TASK DIRECTIONS
What lines below hold the string "record"? Copy them all.

[Stored data]
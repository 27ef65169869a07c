-- ===== src/Gates/Occurrences/Roots.antt =====
-- Building the index, taking a gate's clauses out of it, and choosing roots.
use ignore_gates.Prelude.{
  ℕ, zero, suc, ◌+◌, ◌*◌, ◌≤◌, ◌<◌, ◌≡◌, ◌≢◌, refl, ap, sym, ◌∙◌, ◌⊎◌, inl, inr, Bool, true, false,
  not, [], ◌∷◌, ◌++◌, arith, ◌==◌, if◌then◌else◌, elem, filter_if, All, length, subst, Bool-cases,
}
use mathlib.Core.List.{append-nil, append_assoc}
use ignore_gates.Types.{Cl, neg, var, Above}
use ignore_gates.Formula.{Clause, For, CnfFormula}
use ignore_gates.Formula.Shape.{IsNormal, IsValid, Numbered}
use ignore_gates.Gates.Occurrences.{
  Index, OccurrenceList, update, push_lits, add_clause, add_clauses, init, remove, lower,
  take_roots, estimate_roots, is_empty,
}
use ignore_gates.Gates.Occurrences.Blocking.{elem-past, elem-neg}
use ignore_gates.Gates.Occurrences.Live.{
  occurrences, has_ptr, Distinct, Distinct-filter, RepresentsBut, Represents, free_of,
  remove_literal,
}

push_lits_lem :
    (ix : Index) (c : Clause) (k b : ℕ) (ls : Cl)
    → Above b ls
    → push_lits ix c ls k ≡ (if elem k ls then ix k ++ (c ∷ []) else ix k)
unfolding push_lits
push_lits_lem ix c k b [] v = refl
push_lits_lem ix c k b (l ∷ ls) v = ground (
  arith,
  push_lits_lem (update ix l (ix l ++ (c ∷ []))) c k (suc (var l)) ls v.1,
  elem-past l (suc (var l)) ls v.1,
)

abbrev pub is_unit : Clause → Bool
is_unit c = length c.lits == 1

abbrev pub units : For → For
units = filter_if is_unit

abbrev pub non_units : For → For
non_units = filter_if (λ c. not (is_unit c))

add_clause_lem :
    (l : OccurrenceList) (c : Clause) (cs : For) (k : ℕ)
    → Above 0 c.lits
    → ((add_clause l c).index k ++ occurrences k (non_units cs)
        ≡ l.index k ++ occurrences k (non_units (c ∷ cs)))
      × ((add_clause l c).unitc ++ units cs ≡ l.unitc ++ units (c ∷ cs))
unfolding add_clause
add_clause_lem l c cs k v = (
  ground (
    arith,
    push_lits_lem l.index c k 0 c.lits v,
    append_assoc (l.index k) (c ∷ []) (occurrences k (non_units cs)),
  ),
  ground (arith, append_assoc l.unitc (c ∷ []) (units cs)),
)

add_clauses_lem :
    (l : OccurrenceList) (cs : For) (k : ℕ)
    → All (λ c. Above 0 c.lits) cs
    → ((add_clauses l cs).index k ≡ l.index k ++ occurrences k (non_units cs))
      × ((add_clauses l cs).unitc ≡ l.unitc ++ units cs)
unfolding add_clauses
add_clauses_lem l [] k v = (sym (append-nil (l.index k)), sym (append-nil l.unitc))
add_clauses_lem l (c ∷ cs) k v =
    let ih = add_clauses_lem (add_clause l c) cs k v.1 in
    let (at_k, at_units) = add_clause_lem l c cs k v.0 in (ih.0 ∙ at_k, ih.1 ∙ at_units)

IsValid-Above : (n : ℕ) (cs : For) → All (λ c. IsNormal n c.lits) cs → All (λ c. Above 0 c.lits) cs
IsValid-Above n [] v = tt
IsValid-Above n (c ∷ cs) v = (v.0.above, IsValid-Above n cs v.1)

Numbered-ptr : (p k : ℕ) (cs : For) → p < k → Numbered k cs → has_ptr p cs ≡ false
Numbered-ptr p k [] h v = refl
Numbered-ptr p k (c ∷ cs) h v = ground (arith, Numbered-ptr p (suc k) cs (omega arith) v.1)

Numbered-Distinct :
    (n k : ℕ) (cs : For) → Numbered k cs → All (λ c. IsNormal n c.lits) cs → Distinct cs
Numbered-Distinct n k [] v w = tt
Numbered-Distinct n k (c ∷ cs) v w = (
  Numbered-ptr c.ptr (suc k) cs (omega arith) v.1,
  w.0.above,
  Numbered-Distinct n (suc k) cs v.1 w.1,
)

add_clauses_size : (l : OccurrenceList) (cs : For) → (add_clauses l cs).size ≡ l.size
unfolding add_clauses add_clause
add_clauses_size l [] = refl
add_clauses_size l (c ∷ cs) = add_clauses_size (add_clause l c) cs ∙ ground arith

pub init_size : (f : CnfFormula) → (init f).size ≡ 2 + 2 * f.variables
unfolding init
init_size f = add_clauses_size _ f.formula

-- From a valid formula the constructor builds an index that lists, for every literal, exactly the
-- clauses that hold it, of those that are not units, in their order, and the units apart. These
-- clauses are distinct.
pub init-Represents :
    (f : CnfFormula)
    → IsValid f
    → Represents (init f).index (non_units f.formula)
      × ((init f).unitc ≡ units f.formula)
      × Distinct (non_units f.formula)
unfolding init
init-Represents f v =
    let above = IsValid-Above f.variables f.formula v.clauses in
    (
      λ k. (add_clauses_lem _ f.formula k above).0,
      (add_clauses_lem _ f.formula 0 above).1,
      Distinct-filter _ f.formula (Numbered-Distinct f.variables 0 f.formula v.numbered v.clauses),
    )

pub occurrences-free_of :
    (o : ℕ) (cs : For) → Distinct cs → occurrences o (free_of (neg o) cs) ≡ occurrences o cs
occurrences-free_of o [] v = refl
occurrences-free_of o (c ∷ cs) v =
    ground (arith, occurrences-free_of o cs v.2, elem-neg o 0 c.lits v.1)

-- Taking out the clauses of a gate with output `o`, first those of its negation and then those of
-- `o`, leaves the index of exactly the clauses in play that hold neither literal.
pub remove-Represents :
    (l : OccurrenceList) (o : ℕ) (live : For)
    → Distinct live
    → Represents l.index live
    → Represents
        (remove (remove l (l.index (neg o))) (l.index o)).index
        (free_of o (free_of (neg o) live))
unfolding remove
remove-Represents l o live v r =
    rw (r (neg o), r o, ← occurrences-free_of o live v)
      (remove_literal (λ _. false) _ o (free_of (neg o) live) (Distinct-filter _ live v)
        (remove_literal (λ _. false) l.index (neg o) live v r))

is_empty_lem : (cs : For) → (is_empty cs ≡ true → cs ≡ []) × (is_empty cs ≡ false → cs ≢ [])
unfolding is_empty
is_empty_lem [] = (λ _. refl, λ e. cc)
is_empty_lem (c ∷ cs) = (λ e. cc, λ _ e. cc)

lower_lem : (ix : Index) (m : ℕ) → (lower ix m ≤ m) × ((lower ix m ≡ 0) ⊎ (ix (lower ix m) ≢ []))
unfolding lower is_empty
lower_lem ix zero = (omega arith, inl refl)
lower_lem ix (suc m) = ground (arith, lower_lem ix m)

lower_above : (ix : Index) (m k : ℕ) → lower ix m < k → k ≤ m → ix k ≡ []
unfolding lower is_empty
lower_above ix zero k h g = absurd (omega arith)
lower_above ix (suc m) k h g =
    ground (arith, lower_above ix m k, is_empty_lem (ix (suc m)), λ (e : k ≡ suc m). ap ix e)

-- The roots where no unit clause is left: `m` is the literal that they share.
pub record Picks (l l' : OccurrenceList) (live roots : For) : Type 0 where
  pub lowered : l'.max_literal ≤ l.max_literal
  pub past : (k : ℕ) → l'.max_literal < k → k ≤ l.max_literal → occurrences k live ≡ []
  pub roots_are : 0 < l'.max_literal → (roots ≡ occurrences l'.max_literal live) × (roots ≢ [])
  pub none_left : l'.max_literal ≡ 0 → roots ≡ []
  pub remains : 0 < l'.max_literal → Represents l'.index (free_of l'.max_literal live)
  pub unchanged : l'.max_literal ≡ 0 → Represents l'.index live

hide :
    (ix : Index) (m : ℕ) (live : For)
    → Represents ix live
    → RepresentsBut (λ k. k == m) (update ix m []) live
hide ix m live r k = ground (arith, r k)

pub occurrences_gone : (m : ℕ) (live : For) → occurrences m (free_of m live) ≡ []
occurrences_gone m [] = refl
occurrences_gone m (c ∷ cs) = ground (arith, occurrences_gone m cs)

unhide :
    (ix : Index) (m : ℕ) (live : For)
    → RepresentsBut (λ k. k == m) ix (free_of m live)
    → Represents ix (free_of m live)
unhide ix m live r k = elim (Bool-cases (k == m)) [
  | inl e ↦
      let same : m ≡ k = ground arith in
      let gone = subst (λ x. occurrences x (free_of m live) ≡ []) same (occurrences_gone m live) in
      r k ∙ rw e (sym gone)
  | inr e ↦ r k ∙ rw e
]

take_roots-Picks :
    (l : OccurrenceList) (m : ℕ) (live : For)
    → Distinct live
    → Represents l.index live
    → m ≤ l.max_literal
    → ((m ≡ 0) ⊎ (l.index m ≢ []))
    → ((k : ℕ) → m < k → k ≤ l.max_literal → l.index k ≡ [])
    → Picks l (take_roots l m).0 live (take_roots l m).1
unfolding take_roots remove
take_roots-Picks l zero live v r h c past = record {
  lowered = omega arith;
  past = λ k p q. sym (r k) ∙ past k p q;
  roots_are = λ p. absurd (omega arith);
  none_left = λ _. refl;
  remains = λ p. absurd (omega arith);
  unchanged = λ _. r;
}
take_roots-Picks l (suc m) live v r h c past = record {
  lowered = h;
  past = λ k p q. sym (r k) ∙ past k p q;
  roots_are = λ p. (r (suc m), elim c [ inl e ↦ absurd (omega arith) | inr n ↦ n ]);
  none_left = λ e. absurd (omega arith);
  remains = λ _. rw (r (suc m)) (
      unhide _ (suc m) live
        (remove_literal (λ k. k == suc m) _ (suc m) live v (hide l.index (suc m) live r)));
  unchanged = λ e. absurd (omega arith);
}

no_units :
    (l : OccurrenceList)
    → l.unitc ≡ []
    → estimate_roots l ≡ take_roots l (lower l.index l.max_literal)
unfolding estimate_roots
no_units l e = ground (arith, is_empty_lem l.unitc, ap is_empty e)

take_roots_fields :
    (l : OccurrenceList) (m : ℕ)
    → ((take_roots l m).0.unitc ≡ l.unitc) × ((take_roots l m).0.size ≡ l.size)
unfolding take_roots remove
take_roots_fields l zero = (refl, refl)
take_roots_fields l (suc m) = (refl, refl)

-- `estimateRoots` keeps the size, and leaves no unit clauses.
pub estimate_roots_fields :
    (l : OccurrenceList)
    → l.unitc ≡ []
    → ((estimate_roots l).0.unitc ≡ []) × ((estimate_roots l).0.size ≡ l.size)
estimate_roots_fields l e =
    let fields = take_roots_fields l (lower l.index l.max_literal) in
    subst (λ p. (p.0.unitc ≡ []) × (p.0.size ≡ l.size)) (sym (no_units l e))
      (fields.0 ∙ e, fields.1)

-- The unit clauses, where there are any, are handed out first and nothing else changes.
pub estimate_roots_units :
    (l : OccurrenceList) → l.unitc ≢ [] → estimate_roots l ≡ (record l { unitc = [] }, l.unitc)
unfolding estimate_roots is_empty
estimate_roots_units l n = ground (arith, is_empty_lem l.unitc, n)

-- Without unit clauses, `estimateRoots` takes all clauses of the greatest literal up to
-- `max_literal` that still has one, and what is left is the index of the others; it gives no roots
-- only when no literal from 1 to `max_literal` has a clause. `max_literal` never grows.
pub estimate_roots-Picks :
    (l : OccurrenceList) (live : For)
    → Distinct live
    → Represents l.index live
    → l.unitc ≡ []
    → Picks l (estimate_roots l).0 live (estimate_roots l).1
estimate_roots-Picks l live v r e =
    let low = lower_lem l.index l.max_literal in
    subst (λ p. Picks l p.0 live p.1) (sym (no_units l e))
      (take_roots-Picks l (lower l.index l.max_literal) live v r low.0 low.1
        (lower_above l.index l.max_literal))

TASK RESULT
pub record Picks (l l' : OccurrenceList) (live roots : For) : Type 0 where
take_roots-Picks l zero live v r h c past = record {
take_roots-Picks l (suc m) live v r h c past = record {
    (l : OccurrenceList) → l.unitc ≢ [] → estimate_roots l ≡ (record l { unitc = [] }, l.unitc)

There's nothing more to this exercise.